(Stored items)
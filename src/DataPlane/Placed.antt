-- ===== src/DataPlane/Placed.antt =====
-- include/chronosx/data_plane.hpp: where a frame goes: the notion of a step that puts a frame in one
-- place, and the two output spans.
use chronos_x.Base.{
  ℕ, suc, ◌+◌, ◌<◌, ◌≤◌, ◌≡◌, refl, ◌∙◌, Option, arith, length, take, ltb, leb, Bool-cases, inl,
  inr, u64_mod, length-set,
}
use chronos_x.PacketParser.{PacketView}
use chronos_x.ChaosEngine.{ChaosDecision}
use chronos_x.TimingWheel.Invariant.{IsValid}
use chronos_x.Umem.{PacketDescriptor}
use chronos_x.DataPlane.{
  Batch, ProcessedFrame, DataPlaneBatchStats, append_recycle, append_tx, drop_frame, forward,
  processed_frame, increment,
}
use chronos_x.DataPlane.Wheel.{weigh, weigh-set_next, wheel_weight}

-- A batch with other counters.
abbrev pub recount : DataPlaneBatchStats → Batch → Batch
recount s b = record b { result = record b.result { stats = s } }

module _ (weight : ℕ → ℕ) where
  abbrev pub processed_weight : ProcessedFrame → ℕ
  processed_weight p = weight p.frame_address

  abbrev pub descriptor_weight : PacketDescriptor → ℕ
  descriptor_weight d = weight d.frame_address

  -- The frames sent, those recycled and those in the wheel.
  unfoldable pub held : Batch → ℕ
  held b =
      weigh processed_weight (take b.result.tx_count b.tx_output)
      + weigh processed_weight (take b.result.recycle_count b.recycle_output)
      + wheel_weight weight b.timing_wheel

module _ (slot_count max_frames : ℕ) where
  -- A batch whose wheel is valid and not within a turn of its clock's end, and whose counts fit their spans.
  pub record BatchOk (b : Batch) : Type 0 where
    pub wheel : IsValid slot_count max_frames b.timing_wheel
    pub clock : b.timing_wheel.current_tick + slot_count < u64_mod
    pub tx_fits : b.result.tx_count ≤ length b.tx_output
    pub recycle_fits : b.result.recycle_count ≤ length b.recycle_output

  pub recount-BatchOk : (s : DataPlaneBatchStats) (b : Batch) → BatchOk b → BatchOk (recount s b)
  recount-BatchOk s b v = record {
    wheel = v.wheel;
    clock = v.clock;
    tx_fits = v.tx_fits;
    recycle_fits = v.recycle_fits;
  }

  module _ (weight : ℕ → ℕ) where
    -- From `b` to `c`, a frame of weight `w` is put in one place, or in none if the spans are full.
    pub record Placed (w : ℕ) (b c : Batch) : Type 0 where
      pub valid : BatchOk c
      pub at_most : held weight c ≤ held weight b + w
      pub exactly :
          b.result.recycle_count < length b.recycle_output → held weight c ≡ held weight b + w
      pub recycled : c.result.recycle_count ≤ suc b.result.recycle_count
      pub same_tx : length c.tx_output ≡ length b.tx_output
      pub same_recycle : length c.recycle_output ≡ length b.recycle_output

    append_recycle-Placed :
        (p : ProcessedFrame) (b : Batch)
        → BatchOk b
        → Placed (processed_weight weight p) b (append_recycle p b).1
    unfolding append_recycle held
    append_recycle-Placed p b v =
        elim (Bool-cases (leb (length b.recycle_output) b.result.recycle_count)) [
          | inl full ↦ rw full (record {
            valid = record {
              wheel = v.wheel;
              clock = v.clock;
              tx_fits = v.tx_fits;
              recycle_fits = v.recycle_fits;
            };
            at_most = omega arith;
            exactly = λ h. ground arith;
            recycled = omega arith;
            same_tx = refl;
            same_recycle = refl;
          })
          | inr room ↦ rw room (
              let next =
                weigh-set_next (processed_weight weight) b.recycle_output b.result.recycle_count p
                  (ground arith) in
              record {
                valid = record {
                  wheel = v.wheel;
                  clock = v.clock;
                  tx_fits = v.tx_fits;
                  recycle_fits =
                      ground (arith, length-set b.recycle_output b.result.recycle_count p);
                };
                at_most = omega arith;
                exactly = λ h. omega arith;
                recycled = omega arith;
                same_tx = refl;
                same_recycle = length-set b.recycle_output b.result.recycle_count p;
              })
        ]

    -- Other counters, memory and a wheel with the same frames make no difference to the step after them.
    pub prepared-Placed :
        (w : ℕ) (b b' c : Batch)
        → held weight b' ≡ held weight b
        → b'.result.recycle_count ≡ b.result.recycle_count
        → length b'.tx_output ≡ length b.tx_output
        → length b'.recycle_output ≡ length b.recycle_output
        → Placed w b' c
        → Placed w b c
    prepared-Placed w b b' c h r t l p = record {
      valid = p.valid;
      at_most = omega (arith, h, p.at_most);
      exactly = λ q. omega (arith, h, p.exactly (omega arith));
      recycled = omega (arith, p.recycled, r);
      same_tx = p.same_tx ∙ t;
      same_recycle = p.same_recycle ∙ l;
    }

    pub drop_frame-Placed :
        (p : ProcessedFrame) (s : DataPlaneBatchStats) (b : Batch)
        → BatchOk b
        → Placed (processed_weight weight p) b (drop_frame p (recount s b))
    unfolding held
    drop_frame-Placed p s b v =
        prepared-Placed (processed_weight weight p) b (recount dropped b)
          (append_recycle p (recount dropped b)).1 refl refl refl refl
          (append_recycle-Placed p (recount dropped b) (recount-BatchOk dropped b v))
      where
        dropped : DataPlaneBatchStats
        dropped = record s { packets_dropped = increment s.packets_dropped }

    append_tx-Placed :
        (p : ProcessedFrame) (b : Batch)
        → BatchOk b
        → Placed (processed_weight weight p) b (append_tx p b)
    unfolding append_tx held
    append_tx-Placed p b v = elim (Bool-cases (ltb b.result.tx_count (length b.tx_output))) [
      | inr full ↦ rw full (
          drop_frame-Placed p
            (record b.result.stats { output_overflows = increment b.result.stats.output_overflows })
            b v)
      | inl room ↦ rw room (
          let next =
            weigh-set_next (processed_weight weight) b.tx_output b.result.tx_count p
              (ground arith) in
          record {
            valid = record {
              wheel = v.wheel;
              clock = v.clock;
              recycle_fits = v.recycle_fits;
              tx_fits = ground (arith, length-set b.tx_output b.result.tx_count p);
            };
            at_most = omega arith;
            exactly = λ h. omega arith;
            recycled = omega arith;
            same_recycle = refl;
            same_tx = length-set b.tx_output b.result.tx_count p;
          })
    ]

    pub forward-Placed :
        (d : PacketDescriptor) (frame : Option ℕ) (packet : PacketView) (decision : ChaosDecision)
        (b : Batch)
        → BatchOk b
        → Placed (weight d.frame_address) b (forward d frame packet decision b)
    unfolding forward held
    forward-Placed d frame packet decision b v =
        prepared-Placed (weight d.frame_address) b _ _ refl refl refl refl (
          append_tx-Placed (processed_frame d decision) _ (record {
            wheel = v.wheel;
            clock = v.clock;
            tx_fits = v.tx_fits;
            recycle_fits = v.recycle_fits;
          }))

■ What you will do
Of all the lines above, tally those with the word "Option". Write the total only.

■ Your solution
2